内心、やっぱり知ってるんだ、と思いつつ、ボクは首を縦に振って肯定。
その瞬間、フィルメリアさん、セルマさん、天姫さんの三人が心底嫌そうな表情を浮かべた。
「……これで、確定ですねぇ。もちろん、事前に邪神関連の存在がいるとほぼ確信してはいましたが、いざこうして存在を証明させられるものを見せられると、心底嫌な気持ちになりますねぇ」
「否定はしない。……で、治るのか? 天使」
「私を誰だと思っているんですかぁ? この程度であれば、造作もありませんよぉ」
セルマさんの挑発するような言葉に、フィルメリアさんはさも当たり前と言った様子で治せると言った。
その言葉は決して嘘ではなく、淡く、それでいて力強い暖かな光を灯した手をボクのお腹にかざすと、治らなかった傷がどんどん塞がっていき、気が付けばそこにはいつもの白いお腹があった。
「わ、すごい、痛みもないよ」
「何か違和感等はありませんかぁ?」
「ううん、大丈夫。ばっちりだよ。内臓の方も治ったみたいだし、ありがとう、フィルメリアさん」
にこっと笑みを浮かべてお礼を言うと、フィルメリアさんは顔を赤くさせながらわたわたとした。
「い、いえいえ、これも私の役目ですのでぇ」
役目って、やっぱり契約相手だからかな?
でも、本当に助かったよ。
正直なところ、倦怠感や痛みが酷かったしね。
「それで、依桜ちゃん。何があったの?」
「あ、はい。そうですね……天姫さん、一旦天姫さんの部屋に行きますか?」
「ん、そやな。ウチもゆっくり訊きたいさかい、行こか」
「うん」
治療を終えて、天姫さんの部屋に移動。
そこでボクは、ボク自身が体験したことを全て話した。
最初こそ、静かに聞いていたけど、戦闘開始以降の話を始めると、それはもう憎らしそうな表情を浮かべていた。美羽さん以外。

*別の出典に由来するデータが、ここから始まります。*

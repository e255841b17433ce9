-- ===== src/Network/Queue/Capacity.antt =====
-- The capacity of a `LockFreeQueue` (src/network/queue.hpp): its test for a power of two, and its
-- constructor.
use Prim.Native.Nat.{digits, bit_and, bit_and-bitwise, min}
use native.Mathlib.Numerals.{unary_clauses}
use mathlib.Core.Path.{subst}
use rproxy.Base.{
  ℕ, zero, suc, ◌-◌, ◌*◌, ◌/◌, ◌%◌, ◌^◌, ◌≤◌, ◌<◌, ◌≡◌, ◌⊎◌, refl, ap, ◌∙◌, sym, true, Result, ok,
  arith, Bool-cases, inl, inr, ==_cases, none, [],
}
use rproxy.Network.Queue.{LockFreeQueue, is_power_of_two, new_queue}
use rproxy.Network.Queue.Power.{round_up-Rounds}

-- The digits that two numbers share, for `n` digits at most.
abbrev shared : ℕ → ℕ → ℕ → ℕ
shared n a b = digits (λ b. zero) min n a b

shared_self : (n a : ℕ) → a ≤ n → shared n a a ≡ a
shared_self zero zero h = refl
shared_self zero (suc a) h = absurd (omega arith)
shared_self (suc n) zero h = refl
shared_self (suc n) (suc a) h = omega (arith, shared_self n (suc a / 2) (omega arith))

double : (k a : ℕ) → a ≡ 2 ^ k → a * 2 ≡ 2 ^ suc k
double k a e = simp unary_clauses (omega (arith, e))

-- A number that shares no digit with the one before it.
power_if_apart : (n m : ℕ) → suc m ≤ n → shared n (suc m) m ≡ 0 → (k : ℕ) × (suc m ≡ 2 ^ k)
power_if_apart zero m h e = absurd (omega arith)
power_if_apart (suc n) m h e = elim (==_cases (suc m % 2) 1) [
  | inl odd ↦
      let none_left : shared n (suc m / 2) (m / 2) ≡ 0 = omega (arith, e) in
      let halves : suc m / 2 ≡ m / 2 = omega arith in
      (
        0,
        omega (
          arith,
          shared_self n (m / 2) (omega arith),
          subst (λ a. shared n a (m / 2) ≡ 0) halves none_left,
        ),
      )
  | inr even ↦
      let none_left : shared n (suc m / 2) (m / 2) ≡ 0 = omega (arith, e) in
      let next : suc m / 2 ≡ suc (m / 2) = omega arith in
      let (k, power) =
        power_if_apart n (m / 2) (omega arith)
          (subst (λ a. shared n a (m / 2) ≡ 0) next none_left) in
      (suc k, omega (arith, power) ∙ double k (suc (m / 2)) power)
]

is_power_of_two_lem :
    (size : ℕ) → is_power_of_two size ≡ true → (k : ℕ) × (size ≡ 2 ^ k) × (0 < size)
unfolding is_power_of_two
is_power_of_two_lem zero e = absurd cc
is_power_of_two_lem (suc m) e =
    let apart : bit_and (suc m) (suc m - 1) ≡ 0 = ground (arith, e) in
    let before : suc m - 1 ≡ m = omega arith in
    let (k, power) =
      power_if_apart (suc m) m (omega arith)
        (sym (bit_and-bitwise (suc m) m) ∙ subst (λ n. bit_and (suc m) n ≡ 0) before apart) in
    (k, power, omega arith)

-- An empty queue whose capacity is the least power of two that is not below `size`, 1 for 0.
abbrev pub HasCapacity {ℓ} : {A : Type ℓ} → ℕ → Result (LockFreeQueue A) → Type ℓ
HasCapacity size r =
    (k : ℕ) × (r
      ≡ ok (record { capacity = 2 ^ k; size = 0; head = none; tail = none; buffer = [] }))
    × (size ≤ 2 ^ k)
    × ((k ≡ 0) ⊎ (2 ^ k < 2 * size))

-- For a size that such a number can reach, up to 2^63, the constructor of a LockFreeQueue makes an
-- empty queue, and its capacity is the least power of two that is not below the size: one that is
-- above twice the size only where it is 1.
pub new_queue-HasCapacity {ℓ} :
    {A : Type ℓ} (size : ℕ) → size ≤ 2 ^ 63 → HasCapacity {A = A} size (new_queue size)
unfolding new_queue
new_queue-HasCapacity size h = elim (Bool-cases (is_power_of_two size)) [
  | inl exact ↦
      let (k, power, positive) = is_power_of_two_lem size exact in
      rw exact (
        k,
        ap (λ n. ok (record { capacity = n; size = 0; head = none; tail = none; buffer = [] }))
            power,
        omega (arith, power),
        inr (omega (arith, power, positive)),
      )
  | inr rough ↦
      let (k, rounded, enough, least) = round_up-Rounds size h in
      rw (rough, rounded) (k, refl, enough, least)
]
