-- ===== src/Network/Queue/Order.antt =====
-- The order of a `LockedQueue` (src/network/queue.hpp), and what `empty` answers.
use rproxy.Base.{
  ℕ, ◌%◌, ◌<◌, ◌≡◌, ap, sym, ◌∙◌, none, some, List, [], ◌∷◌, ◌++◌, append-nil, append_assoc, length,
  length-append, add_size, sub_size, size_mod, ltb, arith,
}
use rproxy.Network.Queue.{LockedQueue, push, pop, empty}

pub data Op {ℓ} (A : Type ℓ) : Type ℓ where
  pushes : A → Op A
  pops : Op A

-- Calls one after the other, as a single thread makes them: what was popped, and the queue.
-- A caller that would wait is not one of them: its call changes nothing.
unfoldable pub run {ℓ} : {A : Type ℓ} → List (Op A) → LockedQueue A → List A × LockedQueue A
run [] q = ([], q)
run (pushes v ∷ ops) q = run ops (push v q)
run (pops ∷ ops) q = elim (pop q) [
  | none ↦ run ops q
  | some p ↦ let (out, q') = run ops p.1 in (p.0 ∷ out, q')
]

abbrev pub pushed {ℓ} : {A : Type ℓ} → List (Op A) → List A
pushed [] = []
pushed (pushes v ∷ ops) = v ∷ pushed ops
pushed (pops ∷ ops) = pushed ops

-- `size_` counts the queue, on 64 bits.
abbrev pub IsCounted {ℓ} : {A : Type ℓ} → LockedQueue A → Type 0
IsCounted q = q.size ≡ length q.queue % size_mod

module _ {ℓ} {A : Type ℓ} where
  empty_lem :
      (q : LockedQueue A)
      → IsCounted q
      → length q.queue < size_mod
      → empty q ≡ ltb 0 (length q.queue)
  unfolding empty
  empty_lem q c small = ground (arith, c)

  run-from :
      (ops : List (Op A)) (xs : List A) (n : ℕ)
      → n ≡ length xs % size_mod
      → let r = run ops (record { queue = xs; size = n }) in
        (r.0 ++ r.1.queue ≡ xs ++ pushed ops) × IsCounted r.1
  unfolding run push pop
  run-from [] xs n c = (sym (append-nil xs), c)
  run-from (pushes v ∷ ops) xs n c =
      let (order, counted) =
        run-from ops (xs ++ (v ∷ [])) (add_size n 1)
          (omega (arith, length-append {ℓ} xs (v ∷ []))) in
      (order ∙ append_assoc xs (v ∷ []) (pushed ops), counted)
  run-from (pops ∷ ops) [] n c = run-from ops [] n c
  run-from (pops ∷ ops) (x ∷ xs) n c =
      let (order, counted) = run-from ops xs (sub_size n 1) (omega arith) in
      (ap (λ ys. x ∷ ys) order, counted)

  -- Any calls, one after the other, on a queue whose size is counted: what was popped and then what is left are, in order,
  -- what was there and then what was pushed. Afterwards, on a queue shorter than 2^64, `empty` answers
  -- whether there is something in the queue.
  pub run-Ordered :
      (ops : List (Op A)) (q : LockedQueue A)
      → IsCounted q
      → let r = run ops q in
        (r.0 ++ r.1.queue ≡ q.queue ++ pushed ops)
        × (length r.1.queue < size_mod → empty r.1 ≡ ltb 0 (length r.1.queue))
  run-Ordered ops q c =
      let (order, counted) = run-from ops q.queue q.size c in
      (order, empty_lem (run ops q).1 counted)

そして、話し終えると、美羽さん以外の三人ははぁ、とため息を吐いた。
「むむ……さっきの治療の時のあれこれでほぼ確定的だったとはいえ、まさか邪神の兵が現れるとは……厄介な話なのだ」
「同感やな。ウチの世界でそないな悪さをするとは思わへんかったけど……それにしても、いずれ邪魔になる、か。どないな意味なんやろうな?」
「それはわかりませんが……とりあえず、この件は我々で調べる必要がありますねぇ」
「あ、じゃあ、ボクも一緒に調べた方がいいかな?」
フィルメリアさんの言葉に、ボクは自分も一緒に調べた方がいいかと訊くと、三人は苦笑いを浮かべながら首を横に振った。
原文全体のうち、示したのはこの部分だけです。